## EXERCISE REQUIREMENTS
Of all the lines below, output only those starting at the one with "body = json;" and ending at the one with "get_document docid revid", both ends included, exactly as written.

Collected data:
+===+

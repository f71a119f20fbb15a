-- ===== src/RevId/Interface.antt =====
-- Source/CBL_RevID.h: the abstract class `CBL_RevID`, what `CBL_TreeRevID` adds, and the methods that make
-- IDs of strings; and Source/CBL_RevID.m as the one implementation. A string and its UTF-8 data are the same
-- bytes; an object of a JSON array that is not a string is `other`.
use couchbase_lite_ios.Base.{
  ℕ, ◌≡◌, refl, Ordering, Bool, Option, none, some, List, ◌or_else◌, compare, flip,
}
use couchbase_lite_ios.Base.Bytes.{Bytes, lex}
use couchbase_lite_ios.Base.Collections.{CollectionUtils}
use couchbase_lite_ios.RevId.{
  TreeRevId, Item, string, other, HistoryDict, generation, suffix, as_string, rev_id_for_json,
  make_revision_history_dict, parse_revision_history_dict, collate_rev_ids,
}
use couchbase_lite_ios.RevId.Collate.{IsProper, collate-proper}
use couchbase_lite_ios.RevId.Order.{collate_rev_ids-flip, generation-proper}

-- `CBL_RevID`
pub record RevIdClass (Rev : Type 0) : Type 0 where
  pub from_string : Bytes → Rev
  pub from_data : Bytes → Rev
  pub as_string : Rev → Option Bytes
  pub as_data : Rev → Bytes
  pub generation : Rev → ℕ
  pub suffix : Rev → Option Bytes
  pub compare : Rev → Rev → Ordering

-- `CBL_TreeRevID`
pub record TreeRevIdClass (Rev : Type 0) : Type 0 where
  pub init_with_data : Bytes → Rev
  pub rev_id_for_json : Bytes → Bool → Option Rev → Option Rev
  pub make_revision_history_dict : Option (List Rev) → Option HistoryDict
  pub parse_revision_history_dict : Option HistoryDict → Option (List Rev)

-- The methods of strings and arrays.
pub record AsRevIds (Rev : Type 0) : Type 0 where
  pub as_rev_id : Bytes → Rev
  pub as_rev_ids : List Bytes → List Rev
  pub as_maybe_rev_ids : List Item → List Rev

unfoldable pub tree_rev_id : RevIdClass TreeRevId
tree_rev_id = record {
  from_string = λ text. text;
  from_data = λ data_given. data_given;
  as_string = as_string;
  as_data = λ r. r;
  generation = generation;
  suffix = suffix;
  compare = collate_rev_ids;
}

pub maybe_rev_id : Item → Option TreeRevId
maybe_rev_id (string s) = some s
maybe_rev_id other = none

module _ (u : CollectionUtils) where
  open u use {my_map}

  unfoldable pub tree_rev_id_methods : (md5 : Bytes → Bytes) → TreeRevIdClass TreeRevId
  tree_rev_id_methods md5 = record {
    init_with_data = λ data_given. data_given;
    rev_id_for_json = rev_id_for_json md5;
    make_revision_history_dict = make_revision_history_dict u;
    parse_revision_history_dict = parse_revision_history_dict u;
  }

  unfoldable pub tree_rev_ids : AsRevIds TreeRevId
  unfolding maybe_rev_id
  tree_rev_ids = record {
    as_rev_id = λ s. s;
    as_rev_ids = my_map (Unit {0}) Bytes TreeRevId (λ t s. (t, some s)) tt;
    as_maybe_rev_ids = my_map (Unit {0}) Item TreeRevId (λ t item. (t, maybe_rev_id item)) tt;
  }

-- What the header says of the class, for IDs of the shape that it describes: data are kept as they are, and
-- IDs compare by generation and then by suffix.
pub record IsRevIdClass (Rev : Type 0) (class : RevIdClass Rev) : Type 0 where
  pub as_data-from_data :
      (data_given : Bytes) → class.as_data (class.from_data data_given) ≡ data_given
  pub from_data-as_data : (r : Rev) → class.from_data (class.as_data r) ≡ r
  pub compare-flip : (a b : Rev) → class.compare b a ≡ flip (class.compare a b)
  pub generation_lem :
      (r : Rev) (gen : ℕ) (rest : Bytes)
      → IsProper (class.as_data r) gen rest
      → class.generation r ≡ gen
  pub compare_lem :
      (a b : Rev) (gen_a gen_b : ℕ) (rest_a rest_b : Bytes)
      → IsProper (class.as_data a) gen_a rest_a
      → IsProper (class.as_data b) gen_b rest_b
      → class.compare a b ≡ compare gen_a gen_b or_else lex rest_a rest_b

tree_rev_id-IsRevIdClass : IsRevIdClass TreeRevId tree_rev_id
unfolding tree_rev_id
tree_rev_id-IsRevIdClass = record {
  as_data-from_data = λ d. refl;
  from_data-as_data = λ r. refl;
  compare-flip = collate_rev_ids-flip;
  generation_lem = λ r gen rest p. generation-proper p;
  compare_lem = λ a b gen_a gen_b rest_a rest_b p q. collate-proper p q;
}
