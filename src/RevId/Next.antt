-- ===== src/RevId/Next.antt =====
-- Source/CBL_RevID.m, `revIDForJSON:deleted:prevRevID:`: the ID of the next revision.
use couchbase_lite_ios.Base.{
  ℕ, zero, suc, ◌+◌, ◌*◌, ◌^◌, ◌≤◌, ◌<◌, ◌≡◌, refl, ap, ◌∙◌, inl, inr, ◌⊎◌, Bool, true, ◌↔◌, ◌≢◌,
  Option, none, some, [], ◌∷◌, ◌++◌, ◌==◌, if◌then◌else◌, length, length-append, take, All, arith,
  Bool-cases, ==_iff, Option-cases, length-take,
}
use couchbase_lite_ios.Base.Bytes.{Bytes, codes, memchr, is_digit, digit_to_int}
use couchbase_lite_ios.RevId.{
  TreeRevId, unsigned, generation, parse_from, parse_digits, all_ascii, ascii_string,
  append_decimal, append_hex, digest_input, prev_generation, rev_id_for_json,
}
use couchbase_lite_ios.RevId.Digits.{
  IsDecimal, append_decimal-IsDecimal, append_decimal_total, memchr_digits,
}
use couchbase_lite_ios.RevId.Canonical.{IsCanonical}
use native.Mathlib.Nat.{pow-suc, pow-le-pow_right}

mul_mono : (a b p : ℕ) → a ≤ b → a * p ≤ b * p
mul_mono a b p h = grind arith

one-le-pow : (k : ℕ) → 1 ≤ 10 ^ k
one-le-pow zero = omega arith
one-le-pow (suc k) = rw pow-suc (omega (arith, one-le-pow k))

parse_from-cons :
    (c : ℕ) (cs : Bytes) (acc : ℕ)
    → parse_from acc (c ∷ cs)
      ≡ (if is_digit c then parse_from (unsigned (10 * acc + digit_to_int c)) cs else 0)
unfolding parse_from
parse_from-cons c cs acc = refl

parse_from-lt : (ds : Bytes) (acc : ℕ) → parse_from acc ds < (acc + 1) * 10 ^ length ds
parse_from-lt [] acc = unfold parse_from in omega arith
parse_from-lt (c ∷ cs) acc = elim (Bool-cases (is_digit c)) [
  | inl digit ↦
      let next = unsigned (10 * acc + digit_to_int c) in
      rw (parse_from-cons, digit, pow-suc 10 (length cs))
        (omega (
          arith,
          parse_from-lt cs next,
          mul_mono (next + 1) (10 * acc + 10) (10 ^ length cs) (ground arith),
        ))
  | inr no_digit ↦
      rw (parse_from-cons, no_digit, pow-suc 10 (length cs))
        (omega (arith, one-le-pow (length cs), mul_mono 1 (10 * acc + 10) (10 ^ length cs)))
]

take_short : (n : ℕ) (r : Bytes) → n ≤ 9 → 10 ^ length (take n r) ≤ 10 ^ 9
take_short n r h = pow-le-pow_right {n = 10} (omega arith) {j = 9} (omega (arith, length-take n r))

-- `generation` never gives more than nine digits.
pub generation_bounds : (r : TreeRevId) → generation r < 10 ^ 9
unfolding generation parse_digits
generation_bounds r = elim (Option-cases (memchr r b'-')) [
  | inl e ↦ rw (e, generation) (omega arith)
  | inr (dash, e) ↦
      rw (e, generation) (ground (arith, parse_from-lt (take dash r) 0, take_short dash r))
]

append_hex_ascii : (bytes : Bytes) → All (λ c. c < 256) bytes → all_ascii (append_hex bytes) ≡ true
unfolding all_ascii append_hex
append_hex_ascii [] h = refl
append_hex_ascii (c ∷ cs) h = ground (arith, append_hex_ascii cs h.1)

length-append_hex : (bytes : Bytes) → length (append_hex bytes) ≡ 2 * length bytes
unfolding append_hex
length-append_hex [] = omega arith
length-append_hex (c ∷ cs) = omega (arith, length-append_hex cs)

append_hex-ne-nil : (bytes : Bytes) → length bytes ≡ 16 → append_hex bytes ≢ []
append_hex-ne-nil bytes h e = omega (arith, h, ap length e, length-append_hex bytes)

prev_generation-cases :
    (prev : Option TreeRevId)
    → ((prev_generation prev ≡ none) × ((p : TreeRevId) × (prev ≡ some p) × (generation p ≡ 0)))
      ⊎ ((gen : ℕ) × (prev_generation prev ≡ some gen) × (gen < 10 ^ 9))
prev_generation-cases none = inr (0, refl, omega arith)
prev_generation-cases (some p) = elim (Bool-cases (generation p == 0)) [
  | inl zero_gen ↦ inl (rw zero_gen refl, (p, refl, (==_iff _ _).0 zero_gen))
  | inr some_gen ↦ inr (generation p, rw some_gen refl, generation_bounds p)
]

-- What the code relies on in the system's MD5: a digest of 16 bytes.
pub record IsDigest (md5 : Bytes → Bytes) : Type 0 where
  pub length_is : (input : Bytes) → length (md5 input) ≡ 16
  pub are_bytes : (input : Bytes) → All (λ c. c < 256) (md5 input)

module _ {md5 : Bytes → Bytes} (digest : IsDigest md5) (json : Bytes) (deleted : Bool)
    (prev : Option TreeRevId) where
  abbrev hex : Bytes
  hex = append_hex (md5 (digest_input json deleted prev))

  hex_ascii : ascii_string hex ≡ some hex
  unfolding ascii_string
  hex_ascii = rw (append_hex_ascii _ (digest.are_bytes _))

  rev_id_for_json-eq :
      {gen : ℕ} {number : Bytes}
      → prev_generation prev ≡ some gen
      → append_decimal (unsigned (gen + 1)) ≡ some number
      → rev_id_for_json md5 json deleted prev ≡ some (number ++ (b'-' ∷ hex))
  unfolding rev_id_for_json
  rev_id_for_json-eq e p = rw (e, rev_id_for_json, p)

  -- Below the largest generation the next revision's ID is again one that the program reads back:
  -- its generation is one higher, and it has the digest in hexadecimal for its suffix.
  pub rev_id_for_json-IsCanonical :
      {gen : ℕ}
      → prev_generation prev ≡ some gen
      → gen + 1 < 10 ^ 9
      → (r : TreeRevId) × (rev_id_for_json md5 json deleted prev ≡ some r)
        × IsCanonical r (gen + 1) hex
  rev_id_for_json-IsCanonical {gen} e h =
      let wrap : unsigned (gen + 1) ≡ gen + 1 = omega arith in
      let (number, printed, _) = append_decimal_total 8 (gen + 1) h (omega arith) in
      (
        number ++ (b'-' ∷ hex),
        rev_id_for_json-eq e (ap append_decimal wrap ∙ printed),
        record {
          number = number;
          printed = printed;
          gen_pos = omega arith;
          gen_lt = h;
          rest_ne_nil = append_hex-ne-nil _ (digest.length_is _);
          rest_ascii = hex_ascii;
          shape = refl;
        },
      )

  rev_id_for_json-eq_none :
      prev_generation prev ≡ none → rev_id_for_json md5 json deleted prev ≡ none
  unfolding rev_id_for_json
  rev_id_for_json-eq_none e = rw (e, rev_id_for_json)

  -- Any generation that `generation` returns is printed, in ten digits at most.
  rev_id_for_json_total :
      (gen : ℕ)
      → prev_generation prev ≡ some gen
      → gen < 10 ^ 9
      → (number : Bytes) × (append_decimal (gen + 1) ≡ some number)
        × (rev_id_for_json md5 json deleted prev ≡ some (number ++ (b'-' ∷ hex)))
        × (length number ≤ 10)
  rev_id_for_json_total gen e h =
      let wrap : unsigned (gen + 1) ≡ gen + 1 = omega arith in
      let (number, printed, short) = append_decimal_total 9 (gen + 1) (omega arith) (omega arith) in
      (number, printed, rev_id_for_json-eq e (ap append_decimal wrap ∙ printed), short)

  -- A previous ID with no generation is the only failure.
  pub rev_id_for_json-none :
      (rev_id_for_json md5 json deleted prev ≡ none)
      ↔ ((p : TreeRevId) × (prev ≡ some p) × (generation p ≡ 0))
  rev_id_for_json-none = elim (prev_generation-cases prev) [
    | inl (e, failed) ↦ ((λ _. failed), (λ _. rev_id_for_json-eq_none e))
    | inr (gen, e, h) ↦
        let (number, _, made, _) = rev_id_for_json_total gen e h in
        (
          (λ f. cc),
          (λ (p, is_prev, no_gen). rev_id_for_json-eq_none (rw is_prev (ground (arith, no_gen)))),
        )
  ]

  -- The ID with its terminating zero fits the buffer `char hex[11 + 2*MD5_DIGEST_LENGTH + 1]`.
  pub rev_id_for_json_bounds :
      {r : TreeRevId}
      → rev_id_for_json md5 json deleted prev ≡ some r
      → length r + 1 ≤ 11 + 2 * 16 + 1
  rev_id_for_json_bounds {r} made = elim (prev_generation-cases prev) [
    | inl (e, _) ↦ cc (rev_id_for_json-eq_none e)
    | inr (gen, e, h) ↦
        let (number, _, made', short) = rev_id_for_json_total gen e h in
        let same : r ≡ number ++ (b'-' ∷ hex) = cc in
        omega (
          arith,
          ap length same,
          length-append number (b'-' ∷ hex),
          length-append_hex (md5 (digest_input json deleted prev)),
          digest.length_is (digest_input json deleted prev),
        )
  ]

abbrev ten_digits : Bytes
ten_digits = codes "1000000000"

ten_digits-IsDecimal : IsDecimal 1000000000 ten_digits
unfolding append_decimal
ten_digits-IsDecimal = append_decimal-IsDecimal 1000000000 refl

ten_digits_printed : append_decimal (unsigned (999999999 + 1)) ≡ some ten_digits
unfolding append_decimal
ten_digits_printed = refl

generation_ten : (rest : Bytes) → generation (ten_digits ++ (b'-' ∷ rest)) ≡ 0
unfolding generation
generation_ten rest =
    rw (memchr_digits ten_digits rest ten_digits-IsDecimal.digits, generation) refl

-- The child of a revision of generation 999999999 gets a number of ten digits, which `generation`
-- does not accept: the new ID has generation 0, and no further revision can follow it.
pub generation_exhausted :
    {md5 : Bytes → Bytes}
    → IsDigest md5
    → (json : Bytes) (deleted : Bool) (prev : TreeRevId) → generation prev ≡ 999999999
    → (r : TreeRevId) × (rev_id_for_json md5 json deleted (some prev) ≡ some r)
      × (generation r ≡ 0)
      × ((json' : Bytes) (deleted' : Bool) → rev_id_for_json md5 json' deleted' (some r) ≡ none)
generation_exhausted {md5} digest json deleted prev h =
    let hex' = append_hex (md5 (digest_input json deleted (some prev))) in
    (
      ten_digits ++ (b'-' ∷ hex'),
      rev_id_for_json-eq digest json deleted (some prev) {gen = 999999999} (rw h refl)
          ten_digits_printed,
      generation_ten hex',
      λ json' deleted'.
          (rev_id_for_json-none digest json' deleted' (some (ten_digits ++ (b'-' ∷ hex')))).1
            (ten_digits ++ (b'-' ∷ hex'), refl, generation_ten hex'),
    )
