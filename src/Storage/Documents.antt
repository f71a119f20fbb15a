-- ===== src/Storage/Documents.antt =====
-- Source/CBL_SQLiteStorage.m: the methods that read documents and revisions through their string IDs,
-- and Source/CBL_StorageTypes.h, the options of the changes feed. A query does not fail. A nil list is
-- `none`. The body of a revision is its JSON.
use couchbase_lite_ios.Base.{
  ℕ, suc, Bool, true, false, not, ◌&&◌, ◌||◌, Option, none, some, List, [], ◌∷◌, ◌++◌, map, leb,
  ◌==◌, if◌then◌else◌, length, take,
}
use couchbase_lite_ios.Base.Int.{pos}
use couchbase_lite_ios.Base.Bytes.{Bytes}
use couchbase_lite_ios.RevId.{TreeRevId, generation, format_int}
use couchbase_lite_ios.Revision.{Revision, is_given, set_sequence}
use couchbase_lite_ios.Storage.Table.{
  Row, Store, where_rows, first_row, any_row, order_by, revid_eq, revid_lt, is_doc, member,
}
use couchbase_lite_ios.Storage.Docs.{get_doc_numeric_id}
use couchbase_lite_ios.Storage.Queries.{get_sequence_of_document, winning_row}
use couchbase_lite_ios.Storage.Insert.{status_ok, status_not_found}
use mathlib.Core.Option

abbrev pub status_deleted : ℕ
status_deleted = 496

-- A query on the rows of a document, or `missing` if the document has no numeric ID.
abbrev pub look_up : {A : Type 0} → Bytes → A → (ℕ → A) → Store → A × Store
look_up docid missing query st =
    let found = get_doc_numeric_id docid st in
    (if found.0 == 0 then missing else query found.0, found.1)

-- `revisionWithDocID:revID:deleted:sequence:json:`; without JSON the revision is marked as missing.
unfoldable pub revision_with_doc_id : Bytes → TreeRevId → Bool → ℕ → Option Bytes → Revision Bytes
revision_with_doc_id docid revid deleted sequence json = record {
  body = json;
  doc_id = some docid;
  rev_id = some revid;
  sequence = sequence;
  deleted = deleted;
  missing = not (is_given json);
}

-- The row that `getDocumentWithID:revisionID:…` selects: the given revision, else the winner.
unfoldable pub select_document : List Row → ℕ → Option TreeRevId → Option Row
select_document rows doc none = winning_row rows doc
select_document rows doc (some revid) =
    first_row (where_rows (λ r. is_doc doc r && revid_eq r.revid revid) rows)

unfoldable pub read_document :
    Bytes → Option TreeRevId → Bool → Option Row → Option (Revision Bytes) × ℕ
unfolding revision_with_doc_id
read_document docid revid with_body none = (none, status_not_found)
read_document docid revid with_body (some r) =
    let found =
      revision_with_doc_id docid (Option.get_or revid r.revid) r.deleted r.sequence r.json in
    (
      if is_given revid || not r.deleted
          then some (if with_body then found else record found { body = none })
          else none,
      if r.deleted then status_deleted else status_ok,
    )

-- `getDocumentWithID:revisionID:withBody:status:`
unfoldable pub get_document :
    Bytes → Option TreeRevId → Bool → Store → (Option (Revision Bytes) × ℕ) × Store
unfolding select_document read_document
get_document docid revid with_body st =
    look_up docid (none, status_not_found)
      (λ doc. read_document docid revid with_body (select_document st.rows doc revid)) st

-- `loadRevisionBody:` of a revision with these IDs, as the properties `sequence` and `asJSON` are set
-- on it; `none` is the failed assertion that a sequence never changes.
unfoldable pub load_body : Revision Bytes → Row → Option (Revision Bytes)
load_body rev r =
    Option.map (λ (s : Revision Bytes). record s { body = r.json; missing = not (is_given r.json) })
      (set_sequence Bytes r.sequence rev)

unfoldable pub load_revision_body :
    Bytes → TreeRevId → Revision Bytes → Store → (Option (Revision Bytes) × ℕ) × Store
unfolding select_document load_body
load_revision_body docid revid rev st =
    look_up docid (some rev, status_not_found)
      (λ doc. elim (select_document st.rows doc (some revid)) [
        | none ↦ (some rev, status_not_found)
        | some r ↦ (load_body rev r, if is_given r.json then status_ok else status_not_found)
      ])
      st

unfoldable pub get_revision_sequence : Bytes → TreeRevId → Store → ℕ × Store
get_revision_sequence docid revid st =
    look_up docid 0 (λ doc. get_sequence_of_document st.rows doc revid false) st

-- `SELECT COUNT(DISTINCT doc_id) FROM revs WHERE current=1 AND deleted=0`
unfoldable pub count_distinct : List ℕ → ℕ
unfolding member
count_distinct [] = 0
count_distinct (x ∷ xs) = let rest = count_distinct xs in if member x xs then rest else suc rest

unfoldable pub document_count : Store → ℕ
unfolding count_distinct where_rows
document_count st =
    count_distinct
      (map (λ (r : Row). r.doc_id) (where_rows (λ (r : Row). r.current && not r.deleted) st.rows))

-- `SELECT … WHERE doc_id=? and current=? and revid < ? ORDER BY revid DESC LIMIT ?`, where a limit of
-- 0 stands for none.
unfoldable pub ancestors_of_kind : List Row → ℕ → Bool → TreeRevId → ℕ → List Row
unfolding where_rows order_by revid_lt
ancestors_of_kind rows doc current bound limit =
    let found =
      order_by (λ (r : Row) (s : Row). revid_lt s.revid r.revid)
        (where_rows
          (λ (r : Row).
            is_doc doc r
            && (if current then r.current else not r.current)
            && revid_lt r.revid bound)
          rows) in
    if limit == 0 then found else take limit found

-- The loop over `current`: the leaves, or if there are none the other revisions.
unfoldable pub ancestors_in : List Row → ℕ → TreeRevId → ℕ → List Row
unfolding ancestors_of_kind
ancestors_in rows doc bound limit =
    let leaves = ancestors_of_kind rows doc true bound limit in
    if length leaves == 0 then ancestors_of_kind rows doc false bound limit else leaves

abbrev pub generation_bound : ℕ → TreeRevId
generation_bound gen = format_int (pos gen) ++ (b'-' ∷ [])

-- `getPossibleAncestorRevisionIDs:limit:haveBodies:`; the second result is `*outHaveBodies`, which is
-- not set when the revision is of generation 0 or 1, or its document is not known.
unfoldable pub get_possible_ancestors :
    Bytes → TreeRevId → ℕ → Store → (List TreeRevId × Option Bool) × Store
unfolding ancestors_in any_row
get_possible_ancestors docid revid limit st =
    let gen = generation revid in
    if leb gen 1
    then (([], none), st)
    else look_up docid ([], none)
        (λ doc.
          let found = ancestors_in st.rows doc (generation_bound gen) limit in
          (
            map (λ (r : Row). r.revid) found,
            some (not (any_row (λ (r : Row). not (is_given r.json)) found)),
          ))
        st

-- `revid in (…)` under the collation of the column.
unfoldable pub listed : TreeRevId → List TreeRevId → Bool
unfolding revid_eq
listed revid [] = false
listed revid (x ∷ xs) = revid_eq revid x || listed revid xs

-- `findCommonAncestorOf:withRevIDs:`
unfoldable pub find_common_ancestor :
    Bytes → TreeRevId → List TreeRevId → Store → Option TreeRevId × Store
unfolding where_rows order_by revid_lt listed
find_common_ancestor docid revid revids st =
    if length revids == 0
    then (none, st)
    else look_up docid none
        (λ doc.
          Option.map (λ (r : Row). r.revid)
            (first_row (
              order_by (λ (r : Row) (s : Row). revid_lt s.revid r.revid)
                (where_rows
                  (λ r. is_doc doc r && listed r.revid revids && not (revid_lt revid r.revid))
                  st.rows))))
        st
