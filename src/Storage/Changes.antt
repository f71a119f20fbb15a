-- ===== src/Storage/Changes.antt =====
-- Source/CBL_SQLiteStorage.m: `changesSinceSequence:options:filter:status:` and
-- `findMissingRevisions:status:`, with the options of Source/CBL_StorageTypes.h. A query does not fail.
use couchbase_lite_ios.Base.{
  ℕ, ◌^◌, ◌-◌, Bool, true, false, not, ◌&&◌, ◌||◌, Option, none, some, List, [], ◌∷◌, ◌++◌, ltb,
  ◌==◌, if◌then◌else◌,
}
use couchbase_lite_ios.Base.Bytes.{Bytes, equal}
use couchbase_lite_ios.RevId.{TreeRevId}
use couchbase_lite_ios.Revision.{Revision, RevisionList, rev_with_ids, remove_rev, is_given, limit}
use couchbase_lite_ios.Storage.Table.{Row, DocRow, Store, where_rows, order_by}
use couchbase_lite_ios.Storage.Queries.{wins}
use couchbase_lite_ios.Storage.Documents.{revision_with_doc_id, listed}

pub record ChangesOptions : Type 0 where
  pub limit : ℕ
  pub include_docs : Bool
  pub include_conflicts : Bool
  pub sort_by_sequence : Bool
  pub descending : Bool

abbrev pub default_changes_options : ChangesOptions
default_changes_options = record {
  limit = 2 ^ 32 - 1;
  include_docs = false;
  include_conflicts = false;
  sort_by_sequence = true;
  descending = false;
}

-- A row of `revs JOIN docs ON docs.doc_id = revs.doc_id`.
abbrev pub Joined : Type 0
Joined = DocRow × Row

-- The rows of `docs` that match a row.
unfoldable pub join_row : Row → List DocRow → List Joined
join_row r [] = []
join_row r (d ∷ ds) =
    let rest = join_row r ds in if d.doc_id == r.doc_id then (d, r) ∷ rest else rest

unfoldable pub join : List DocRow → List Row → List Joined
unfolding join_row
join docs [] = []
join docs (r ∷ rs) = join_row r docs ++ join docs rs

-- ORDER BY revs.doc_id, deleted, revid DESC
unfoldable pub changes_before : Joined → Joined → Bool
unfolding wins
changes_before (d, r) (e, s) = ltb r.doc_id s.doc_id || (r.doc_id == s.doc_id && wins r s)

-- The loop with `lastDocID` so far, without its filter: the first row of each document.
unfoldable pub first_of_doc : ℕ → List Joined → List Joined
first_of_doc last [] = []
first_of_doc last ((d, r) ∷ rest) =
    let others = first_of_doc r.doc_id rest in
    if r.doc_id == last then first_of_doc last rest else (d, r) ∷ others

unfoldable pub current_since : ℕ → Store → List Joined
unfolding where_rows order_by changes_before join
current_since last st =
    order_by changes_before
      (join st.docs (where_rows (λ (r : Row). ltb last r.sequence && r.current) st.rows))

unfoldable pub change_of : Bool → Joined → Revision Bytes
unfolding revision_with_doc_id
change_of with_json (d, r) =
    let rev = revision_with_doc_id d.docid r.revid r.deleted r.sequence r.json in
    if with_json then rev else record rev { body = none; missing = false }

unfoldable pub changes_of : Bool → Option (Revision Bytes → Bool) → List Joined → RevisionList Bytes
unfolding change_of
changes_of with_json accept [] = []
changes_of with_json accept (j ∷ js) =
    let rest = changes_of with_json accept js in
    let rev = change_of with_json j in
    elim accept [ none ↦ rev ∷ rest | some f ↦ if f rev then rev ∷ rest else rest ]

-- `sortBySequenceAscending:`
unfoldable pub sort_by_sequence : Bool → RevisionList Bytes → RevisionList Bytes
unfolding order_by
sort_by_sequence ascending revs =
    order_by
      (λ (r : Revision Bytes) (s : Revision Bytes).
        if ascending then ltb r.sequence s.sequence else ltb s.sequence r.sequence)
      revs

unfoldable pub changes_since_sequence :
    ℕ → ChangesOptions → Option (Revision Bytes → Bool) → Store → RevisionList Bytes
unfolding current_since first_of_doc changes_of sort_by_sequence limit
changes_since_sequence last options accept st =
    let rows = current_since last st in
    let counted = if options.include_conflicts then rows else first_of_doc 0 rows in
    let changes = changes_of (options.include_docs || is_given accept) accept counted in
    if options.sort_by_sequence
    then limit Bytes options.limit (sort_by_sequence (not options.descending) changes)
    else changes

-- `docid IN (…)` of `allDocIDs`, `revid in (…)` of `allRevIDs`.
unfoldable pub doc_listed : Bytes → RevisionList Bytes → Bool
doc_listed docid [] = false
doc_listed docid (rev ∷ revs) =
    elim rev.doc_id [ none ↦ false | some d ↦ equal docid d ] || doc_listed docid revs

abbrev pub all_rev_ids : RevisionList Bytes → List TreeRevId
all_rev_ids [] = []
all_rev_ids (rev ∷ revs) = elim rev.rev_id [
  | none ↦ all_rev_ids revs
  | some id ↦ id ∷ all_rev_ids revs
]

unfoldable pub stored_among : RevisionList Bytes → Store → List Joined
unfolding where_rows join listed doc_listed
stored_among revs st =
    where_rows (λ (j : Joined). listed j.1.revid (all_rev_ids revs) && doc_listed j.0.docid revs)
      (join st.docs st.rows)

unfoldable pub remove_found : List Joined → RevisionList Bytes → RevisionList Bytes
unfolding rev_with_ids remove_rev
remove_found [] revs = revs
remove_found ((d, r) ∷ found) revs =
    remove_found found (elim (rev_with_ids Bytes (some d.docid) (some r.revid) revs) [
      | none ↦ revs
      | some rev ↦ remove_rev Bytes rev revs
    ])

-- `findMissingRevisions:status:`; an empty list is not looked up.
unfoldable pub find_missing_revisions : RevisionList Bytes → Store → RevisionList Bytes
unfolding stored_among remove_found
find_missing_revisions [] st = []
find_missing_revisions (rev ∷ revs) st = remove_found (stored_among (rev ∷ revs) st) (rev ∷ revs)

+===+

## RESPONSE AREA
  body = json;
  doc_id = some docid;
  rev_id = some revid;
  sequence = sequence;
  deleted = deleted;
  missing = not (is_given json);
}

-- The row that `getDocumentWithID:revisionID:…` selects: the given revision, else the winner.
unfoldable pub select_document : List Row → ℕ → Option TreeRevId → Option Row
select_document rows doc none = winning_row rows doc
select_document rows doc (some revid) =
    first_row (where_rows (λ r. is_doc doc r && revid_eq r.revid revid) rows)

unfoldable pub read_document :
    Bytes → Option TreeRevId → Bool → Option Row → Option (Revision Bytes) × ℕ
unfolding revision_with_doc_id
read_document docid revid with_body none = (none, status_not_found)
read_document docid revid with_body (some r) =
    let found =
      revision_with_doc_id docid (Option.get_or revid r.revid) r.deleted r.sequence r.json in
    (
      if is_given revid || not r.deleted
          then some (if with_body then found else record found { body = none })
          else none,
      if r.deleted then status_deleted else status_ok,
    )

-- `getDocumentWithID:revisionID:withBody:status:`
unfoldable pub get_document :
    Bytes → Option TreeRevId → Bool → Store → (Option (Revision Bytes) × ℕ) × Store
unfolding select_document read_document
get_document docid revid with_body st =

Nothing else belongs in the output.